Friday, December 30, 2011

Embarrassingly Parallel

I remember we found this expression in one of the papers we were studying during the Large Scale Machine Learning seminar. Here we have a definition, take from Wikipedia:

In parallel computing, an embarrassingly parallel workload (or embarrassingly parallel problem) is one for which little or no effort is required to separate the problem into a number of parallel tasks. This is often the case where there exists no dependency (or communication) between those parallel tasks.
Full article: http://en.wikipedia.org/wiki/Embarrassingly_parallel

Tuesday, December 13, 2011

Synthetic Training Data

One of the recent breakthroughs in computer vision was the use of synthetic data to train effective recognition systems. The most remarkable example is the work of Shotton et al. from Microsoft Research Cambridge, who trained the kinect human pose recognition system using more than a million of synthetic images, generated by rendering fake humans using 3D software.

That's perfectly possible mainly because the computer graphics industry has been working on generating 3D humans with realistic appearance for cinematographic productions and games. Clothing materials, hair, shapes and so on, are easily simulated in 3D. So, generating 3D human poses is a well establish and well understood procedure, and it make sense to generate synthetic data for this kind of problem.

What about medical images? Can we generate synthetic images simulating various medical conditions? It sounds a bit weird, right? Well, during the SIPAIM 2011 in Bucaramanga, Juan Antonio, one of the invited speakers from Spain, was giving a tutorial on how medical images are captured and generated, specially using Magnetic Resonance Imaging (MRI). This is also a very well known physical phenomenon that could be "simulated" using 3D software. Perhaps it's not a conventional 3D rendering procedure, because the intensities observed in an MRI scan are not responses to light, such as in conventional photography, but to magnetic resonance, as its name suggests.

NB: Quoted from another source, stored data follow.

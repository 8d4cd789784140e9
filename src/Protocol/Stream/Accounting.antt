-- ===== src/Protocol/Stream/Accounting.antt =====
-- rci/protocols/stream.py: the bytes that one turn of the loop takes off the buffer.
use robotic_character_interf.Base.{
  subst, ltb, ap, ℕ, ◌+◌, ◌-◌, ◌≤◌, ◌<◌, ◌≡◌, refl, if◌then◌else◌, Option, none, some, List, [],
  ◌∷◌, ◌++◌, arith,
}
use robotic_character_interf.Protocol.Framing.{
  unpack_crc, protocol_error, checksum_error, err, unpack_header, Result, header_fault, Header, ok,
  decode_type, make_frame, Frame, check_crc, decode_header, decode,
}
use robotic_character_interf.Protocol.Stream.{
  ends_in_magic, desync_issue, invalid_header, StreamIssueKind, invalid_frame, checksum_mismatch,
  issue, again, find_magic, discard_all, take_header, stop, turn, parse, take_candidate, Turn,
  StreamIssue,
}
use robotic_character_interf.Protocol.Constants.{type_of_value, MessageType}
use robotic_character_interf.Base.Lists.{take, drop, length-take, length-drop, length}
use robotic_character_interf.Base.Int.{pos}
use robotic_character_interf.Base.Message.{say, Message}
use robotic_character_interf.Protocol.Checksum.{crc16_ccitt_false}

-- The bytes on the wire of the frames that were decoded.
abbrev pub frame_bytes : List Frame → ℕ
frame_bytes [] = 0
frame_bytes (f ∷ frames) = 10 + length f.payload + frame_bytes frames

abbrev pub discarded : List StreamIssue → ℕ
discarded [] = 0
discarded (i ∷ issues) = i.discarded_bytes + discarded issues

pub frame_bytes-append :
    (fs gs : List Frame) → frame_bytes (fs ++ gs) ≡ frame_bytes fs + frame_bytes gs
frame_bytes-append [] gs = omega arith
frame_bytes-append (f ∷ fs) gs = omega (arith, frame_bytes-append fs gs)

pub discarded-append :
    (is js : List StreamIssue) → discarded (is ++ js) ≡ discarded is + discarded js
discarded-append [] js = omega arith
discarded-append (i ∷ is) js = omega (arith, discarded-append is js)

-- A turn that goes on has taken some bytes off the buffer.
abbrev pub Accounts : ℕ → Turn → Type 0
Accounts size (stop rest issues) = size ≡ discarded issues + length rest
Accounts size (again rest frames issues) =
    (size ≡ frame_bytes frames + discarded issues + length rest) × (length rest < size)

make_frame-payload :
    (t : MessageType) (n : ℕ) (payload : List ℕ) (f : Frame)
    → make_frame t (pos n) payload ≡ ok f
    → f.payload ≡ payload
unfolding make_frame
make_frame-payload t n payload f e = ground arith

check_crc-payload :
    (t : MessageType) (n : ℕ) (payload : List ℕ) (crc : ℕ) (c : Option ℕ) (f : Frame)
    → check_crc t n payload crc c ≡ ok f
    → f.payload ≡ payload
unfolding check_crc
check_crc-payload t n payload crc c f e = ground (arith, make_frame-payload t n payload f)

decode_type-length :
    (h : Header) (bytes : List ℕ) (t : Option MessageType) (f : Frame)
    → decode_type h bytes t ≡ ok f
    → length bytes ≡ 10 + h.payload_length
    → length bytes ≡ 10 + length f.payload
unfolding decode_type
decode_type-length h bytes none f e size = ground arith
decode_type-length h bytes (some t) f e size =
    let same =
      check_crc-payload t h.sequence (take h.payload_length (drop 8 bytes))
        (crc16_ccitt_false (take (8 + h.payload_length) bytes))
        (unpack_crc (drop (8 + h.payload_length) bytes)) f e in
    omega (
      arith,
      size,
      ap length same,
      length-take h.payload_length (drop 8 bytes),
      length-drop 8 bytes,
    )

header_fault-length :
    (h : Header) (size : ℕ) → header_fault h size ≡ none → size ≡ 10 + h.payload_length
unfolding header_fault
header_fault-length h size e = ground arith

decode_header-length :
    (bytes : List ℕ) (h : Option Header) (f : Frame)
    → decode_header bytes h ≡ ok f
    → length bytes ≡ 10 + length f.payload
unfolding decode_header
decode_header-length bytes none f e = ground arith
decode_header-length bytes (some h) f e = ground (
  arith,
  header_fault-length h (length bytes),
  decode_type-length h bytes (type_of_value h.raw_type) f,
)

-- The bytes of a frame that is decoded are its header, its payload and its checksum.
pub decode_ok-length :
    (bytes : List ℕ) (f : Frame) → decode bytes ≡ ok f → length bytes ≡ 10 + length f.payload
unfolding decode
decode_ok-length bytes f e = ground (arith, decode_header-length bytes (unpack_header bytes) f)

take_candidate-Accounts :
    (buffer : List ℕ) (issues : List StreamIssue) (size : ℕ)
    → 10 ≤ size
    → size ≤ length buffer
    → (r : Result Frame) → ((f : Frame) → r ≡ ok f → size ≡ 10 + length f.payload)
    → Accounts (discarded issues + length buffer) (take_candidate buffer issues size r)
unfolding take_candidate
take_candidate-Accounts buffer issues size positive fits (ok f) decoded =
    (omega (arith, decoded f refl, length-drop size buffer), omega (arith, length-drop size buffer))
take_candidate-Accounts buffer issues size positive fits (err (checksum_error m)) decoded = (
  omega (
    arith,
    length-drop size buffer,
    discarded-append issues (issue checksum_mismatch m size ∷ []),
  ),
  omega (arith, length-drop size buffer),
)
take_candidate-Accounts buffer issues size positive fits (err (protocol_error m)) decoded = (
  omega (arith, length-drop 1 buffer, discarded-append issues (issue invalid_frame m 1 ∷ [])),
  omega (arith, length-drop 1 buffer),
)

-- One byte is given up.
one_off :
    (buffer : List ℕ) (issues : List StreamIssue) (kind : StreamIssueKind) (m : Message)
    → 1 ≤ length buffer
    → Accounts
        (discarded issues + length buffer)
        (again (drop 1 buffer) [] (issues ++ issue kind m 1 ∷ []))
one_off buffer issues kind m full = (
  omega (arith, length-drop 1 buffer, discarded-append issues (issue kind m 1 ∷ [])),
  omega (arith, length-drop 1 buffer),
)

candidate-length :
    (size : ℕ) (buffer : List ℕ) (f : Frame)
    → size ≤ length buffer
    → decode (take size buffer) ≡ ok f
    → size ≡ 10 + length f.payload
candidate-length size buffer f fits e =
    omega (arith, decode_ok-length (take size buffer) f e, length-take size buffer)

candidate-Accounts :
    (buffer : List ℕ) (issues : List StreamIssue) (size : ℕ)
    → 10 ≤ size
    → size ≤ length buffer
    → Accounts
        (discarded issues + length buffer)
        (take_candidate buffer issues size (decode (take size buffer)))
candidate-Accounts buffer issues size positive fits =
    take_candidate-Accounts buffer issues size positive fits (decode (take size buffer))
      (λ f e. candidate-length size buffer f fits e)

accepted-Accounts :
    (max : ℕ) (buffer : List ℕ) (issues : List StreamIssue) (size : ℕ)
    → 10 ≤ size
    → 1 ≤ length buffer
    → Accounts (discarded issues + length buffer) (
        if ltb max size
        then again (drop 1 buffer) [] (
            issues
            ++ issue invalid_header (say "declared frame exceeds stream buffer limit") 1 ∷ [])
        else if ltb (length buffer) size
        then stop buffer issues
        else take_candidate buffer issues size (decode (take size buffer)))
accepted-Accounts max buffer issues size positive full = ground (
  arith,
  one_off buffer issues invalid_header (say "declared frame exceeds stream buffer limit"),
  candidate-Accounts buffer issues size positive,
)

take_header-Accounts :
    (max : ℕ) (buffer : List ℕ) (issues : List StreamIssue) (h : Header)
    → 8 ≤ length buffer
    → Accounts (discarded issues + length buffer) (take_header max buffer issues h)
unfolding take_header
take_header-Accounts max buffer issues h full = grind (
  arith,
  one_off buffer issues invalid_header,
  accepted-Accounts max buffer issues (8 + h.payload_length + 2),
)

unpacked-Accounts :
    (max : ℕ) (buffer : List ℕ) (issues : List StreamIssue) (o : Option Header)
    → 8 ≤ length buffer
    → Accounts
        (discarded issues + length buffer)
        (elim o [ none ↦ stop buffer issues | some h ↦ take_header max buffer issues h ])
unpacked-Accounts max buffer issues none full = refl
unpacked-Accounts max buffer issues (some h) full = take_header-Accounts max buffer issues h full

parse-Accounts :
    (max : ℕ) (buffer : List ℕ) (issues : List StreamIssue)
    → Accounts (discarded issues + length buffer) (parse max buffer issues)
unfolding parse
parse-Accounts max buffer issues =
    ground (arith, unpacked-Accounts max buffer issues (unpack_header buffer))

discard_all-Accounts : (buffer : List ℕ) → Accounts (length buffer) (discard_all buffer)
unfolding discard_all
discard_all-Accounts buffer =
    ground (arith, length-drop (length buffer - (if ends_in_magic buffer then 1 else 0)) buffer)

abbrev pub Within : Option ℕ → ℕ → Type 0
Within none size = Unit {0}
Within (some i) size = i ≤ size

pub find_magic-Within : (buffer : List ℕ) → Within (find_magic buffer) (length buffer)
unfolding find_magic
find_magic-Within [] = ground arith
find_magic-Within (a ∷ rest) = ground (arith, find_magic-Within rest)

skipped-Accounts :
    (max i : ℕ) (buffer : List ℕ)
    → i ≤ length buffer
    → Accounts (length buffer) (parse max (drop i buffer) (desync_issue i ∷ []))
skipped-Accounts max i buffer le =
    subst (λ n. Accounts n (parse max (drop i buffer) (desync_issue i ∷ [])))
      (omega (arith, length-drop i buffer))
      (parse-Accounts max (drop i buffer) (desync_issue i ∷ []))

found-Accounts :
    (max : ℕ) (buffer : List ℕ) (o : Option ℕ)
    → Within o (length buffer)
    → Accounts (length buffer) (elim o [
      | none ↦ discard_all buffer
      | some i ↦ parse max (drop i buffer) (desync_issue i ∷ [])
    ])
found-Accounts max buffer none le = discard_all-Accounts buffer
found-Accounts max buffer (some i) le = skipped-Accounts max i buffer le

pub turn-Accounts : (max : ℕ) (buffer : List ℕ) → Accounts (length buffer) (turn max buffer)
unfolding turn
turn-Accounts max buffer = ground (
  arith,
  parse-Accounts max buffer [],
  found-Accounts max buffer (find_magic buffer) (find_magic-Within buffer),
)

Anyway, we could simulate various tissues and their responses to different machine configurations (intensity of the magnetic field, for instance) and render quite good MRI scans playing with tissue parameters. Then, we could produce a really large dataset of images with quite precise labelling at the pixel level, useful to train a recognition system for medical images. It could eventually work for xrays and other imaging modalities.

On the other hand, I wonder, if we can simulate that data, why can not we use the simulation function directly inside a learning algorithm? In other words, instead of generating the data to train a learning algorithm, the recognition system might also be ready to get that sort of simulation function as prior knowledge to make more effective predictions... does it make sense?